Analysis of the LIBRA Project Scandal: Structural Risks of Politicians' Endorsement of Cryptocurrency

On April 7, 2026, The New York Times disclosed an investigation report that has shaken the crypto industry and political circles around the world. On the night of February 14, 2025, when the LIBRA token went live, Argentine President Javier Milei had a total of seven phone call records with a key figure in the project, Mauricio Novelli, with the timing precisely covering the period before and after he posted promotional content on the X platform.

This news has pushed a crypto scandal that has been brewing for more than a year back to the center of public attention—no longer just a “Rug Pull” scam, but an increasingly emblematic case that tests political trust and the industry’s regulatory bottom line.

Why Presidential Endorsements Have Become a New Paradigm for Meme Coin Harvesting

Over the past two years, the operating logic of the Meme coin market has undergone a notable shift in paradigm. In January 2025, TRUMP—the token issued by former U.S. President Donald Trump—saw its market cap surge to nearly $80 billion in just two days, creating an unprecedented “presidential-level” ceiling for the Meme sector. Less than a month later, Milei followed this path. On February 14, 2025, he promoted the LIBRA token in a high-profile manner via X, claiming that the project would be used to support the development of Argentina’s small and midsize enterprises.

The essence of this model is that a political figure’s social media account becomes a new kind of “trust infrastructure.” Public endorsements by heads of sovereign states, in an information-asymmetry market environment, are equated by investors to a kind of quasi-institutional credit guarantee. However, this trust anchor is precisely the harvesting tool the project team is most likely to exploit. After Milei’s tweet was posted, LIBRA’s market cap jumped to more than $4 billion within half an hour, but then crashed by 85% just four hours later, wiping out more than $4 billion in market value. This “tweet—pump—cash out—crash” cadence exposes systemic manipulation risks in celebrity-endorsed token issuance.

From Tweets to Phone Calls: How the Information Gap Drives Market Manipulation

The investigative progress in the Milei case reveals a deeper problem: the mechanisms driving market manipulation may be far more complex and covert than the public imagines. According to The New York Times, forensic information from the phones obtained by investigators shows that the seven phone call records between Milei and Novelli are distributed across multiple time points around when Milei published tweets. In addition to the call records, the investigation also found documents that appear to involve payment audio and drafts of funding arrangements.

Earlier investigations had already pointed to a more specific chain of interests. Argentine outlet El Destape disclosed a document recovered from Novelli’s phone, detailing a payment agreement totaling $5 million. The agreement was divided into three payments: a $1.5 million advance; $1.5 million conditional on Milei announcing Hayden Davis as his adviser on the X platform; and finally $2 million, tied to a blockchain government consulting contract signed by Milei and his sister. The creation date of this document was February 11, 2025—three days before Milei posted his tweets.
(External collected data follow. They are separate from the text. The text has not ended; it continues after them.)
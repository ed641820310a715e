-- ===== src/Protocol/Batch/Dispatch.antt =====
-- What a batch does: which operations reach the runtime, and what is reported of them.
use execution_provider.Prelude.{
  ◌≡◌, refl, ap, ◌⊎◌, inl, inr, String, Bool, true, false, Option, List, [], ◌∷◌, ◌++◌, map, all,
  not, Bool-cases,
}
use execution_provider.Core.Errors.{ErrorCode, Result}
use execution_provider.Protocol.Operations.{Operation}
use execution_provider.Protocol.Batch
use execution_provider.Protocol.Batch.{
  BatchOperation, OperationResponse, Request, Response, Outcome, Payload, BatchMode, Batch,
  validate, dispatch, run_batch,
}

module _ {V S : Type 0} (status : V → Option String)
    (batch_value : Bool → List (OperationResponse V) → V) (operation : Operation → S → Result V × S)
    (concurrently : List BatchOperation → S → List (OperationResponse V) × S) where
  abbrev succeeds : List ErrorCode → OperationResponse V → Bool
  succeeds accepted r =
      Batch.outcome_succeeded status batch_value operation concurrently accepted r.outcome

  -- Every item reaches the runtime, in order: the description of a batch in which nothing fails.
  abbrev pub execute : List BatchOperation → S → List (OperationResponse V) × S
  execute [] s = ([], s)
  execute (i ∷ rest) s =
      let (response, s') = Batch.item status batch_value operation concurrently i s in
      let (responses, s'') = execute rest s' in (response ∷ responses, s'')

  -- All responses but the last one are successes.
  abbrev pub SucceedsBeforeLast : List ErrorCode → List (OperationResponse V) → Type 0
  SucceedsBeforeLast accepted [] = Unit
  SucceedsBeforeLast accepted (r ∷ []) = Unit
  SucceedsBeforeLast accepted (r ∷ r' ∷ rest) =
      (succeeds accepted r ≡ true) × SucceedsBeforeLast accepted (r' ∷ rest)

  abbrev skips : List BatchOperation → List (OperationResponse V)
  skips items = map (Batch.skip status batch_value operation concurrently) items

  pub sequential : List ErrorCode → Bool → List BatchOperation → S → List (OperationResponse V) × S
  unfolding Batch.run_sequential
  sequential accepted stopped items s =
      Batch.run_sequential status batch_value operation concurrently accepted stopped items s

  -- How a sequential batch runs: the items up to the first failure reach the runtime, in order; those
  -- behind it are skipped.
  pub record RunsPrefix (accepted : List ErrorCode) (items : List BatchOperation) (s : S)
      : Type 0 where
    pub attempted : List BatchOperation
    pub rest : List BatchOperation
    pub items_eq : items ≡ attempted ++ rest
    pub responses_eq : (sequential accepted false items s).0 ≡ (execute attempted s).0 ++ skips rest
    pub state_eq : (sequential accepted false items s).1 ≡ (execute attempted s).1
    pub before : SucceedsBeforeLast accepted (execute attempted s).0
    pub after : (rest ≡ []) ⊎ (all (succeeds accepted) (execute attempted s).0 ≡ false)

  stopped_lem :
      (accepted : List ErrorCode) (items : List BatchOperation) (s : S)
      → sequential accepted true items s ≡ (skips items, s)
  unfolding sequential Batch.run_sequential
  stopped_lem accepted [] s = refl
  stopped_lem accepted (i ∷ rest) s =
      ap (λ r. (Batch.skip status batch_value operation concurrently i ∷ r.0, r.1))
        (stopped_lem accepted rest s)

  SucceedsBeforeLast-cons :
      (accepted : List ErrorCode) (r : OperationResponse V) (rs : List (OperationResponse V))
      → succeeds accepted r ≡ true
      → SucceedsBeforeLast accepted rs
      → SucceedsBeforeLast accepted (r ∷ rs)
  SucceedsBeforeLast-cons accepted r [] e h = tt
  SucceedsBeforeLast-cons accepted r (r' ∷ rs) e h = (e, h)

  -- A sequential batch runs the items of a prefix, in order; all of the prefix but its last one succeed,
  -- and the items behind it, if there are any, are behind a failure and answered as skipped without
  -- reaching the runtime.
  pub sequential-RunsPrefix :
      (accepted : List ErrorCode) (items : List BatchOperation) (s : S)
      → RunsPrefix accepted items s
  unfolding sequential Batch.run_sequential
  sequential-RunsPrefix accepted [] s = record {
    attempted = [];
    rest = [];
    items_eq = refl;
    responses_eq = refl;
    state_eq = refl;
    before = tt;
    after = inl refl;
  }
  sequential-RunsPrefix accepted (i ∷ rest) s =
      let (r, s') = Batch.item status batch_value operation concurrently i s in
      elim (Bool-cases (succeeds accepted r)) [
        | inl e ↦
            let p = sequential-RunsPrefix accepted rest s' in
            record {
              attempted = i ∷ p.attempted;
              rest = p.rest;
              items_eq = ap (λ is. i ∷ is) p.items_eq;
              responses_eq = rw e (ap (λ rs. r ∷ rs) p.responses_eq);
              state_eq = rw e p.state_eq;
              before = SucceedsBeforeLast-cons accepted r (execute p.attempted s').0 e p.before;
              after = rw e p.after;
            }
        | inr e ↦ record {
          attempted = i ∷ [];
          rest = rest;
          items_eq = refl;
          responses_eq = rw e (ap (λ p. r ∷ p.0) (stopped_lem accepted rest s'));
          state_eq = rw e (ap (λ p. p.1) (stopped_lem accepted rest s'));
          before = tt;
          after = inr (rw e refl);
        }
      ]

  -- A sequential batch is answered item by item, in the order of the request.
  pub sequential_ids :
      (accepted : List ErrorCode) (stopped : Bool) (items : List BatchOperation) (s : S)
      → map (λ r. r.request_id) (sequential accepted stopped items s).0
        ≡ map (λ i. i.request_id) items
  unfolding sequential Batch.run_sequential Batch.item
  sequential_ids accepted stopped [] s = refl
  sequential_ids accepted true (i ∷ rest) s =
      ap (λ ids. i.request_id ∷ ids) (sequential_ids accepted true rest s)
  sequential_ids accepted false (i ∷ rest) s =
      let (r, s') = Batch.item status batch_value operation concurrently i s in
      ap (λ ids. i.request_id ∷ ids) (sequential_ids accepted (not (succeeds accepted r)) rest s')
On-chain data further verifies traces of this kind of inside operation. The eight wallets associated with the project had money positioned ahead of the tweet’s release; during the crash, they cashed out $107 million. 86% of traders lost money after investing in LIBRA, with cumulative losses of about $251 million. When there is a systematic time gap and information gap between public information (tweets) and private communications (phone calls, payment agreements), the basic conditions for market manipulation are already in place. This is not merely the improper conduct of one individual, but a proven and replicable harvesting scheme.

When a Head of State Is Pulled Into a Scam: How High Is the Price of Political Trust?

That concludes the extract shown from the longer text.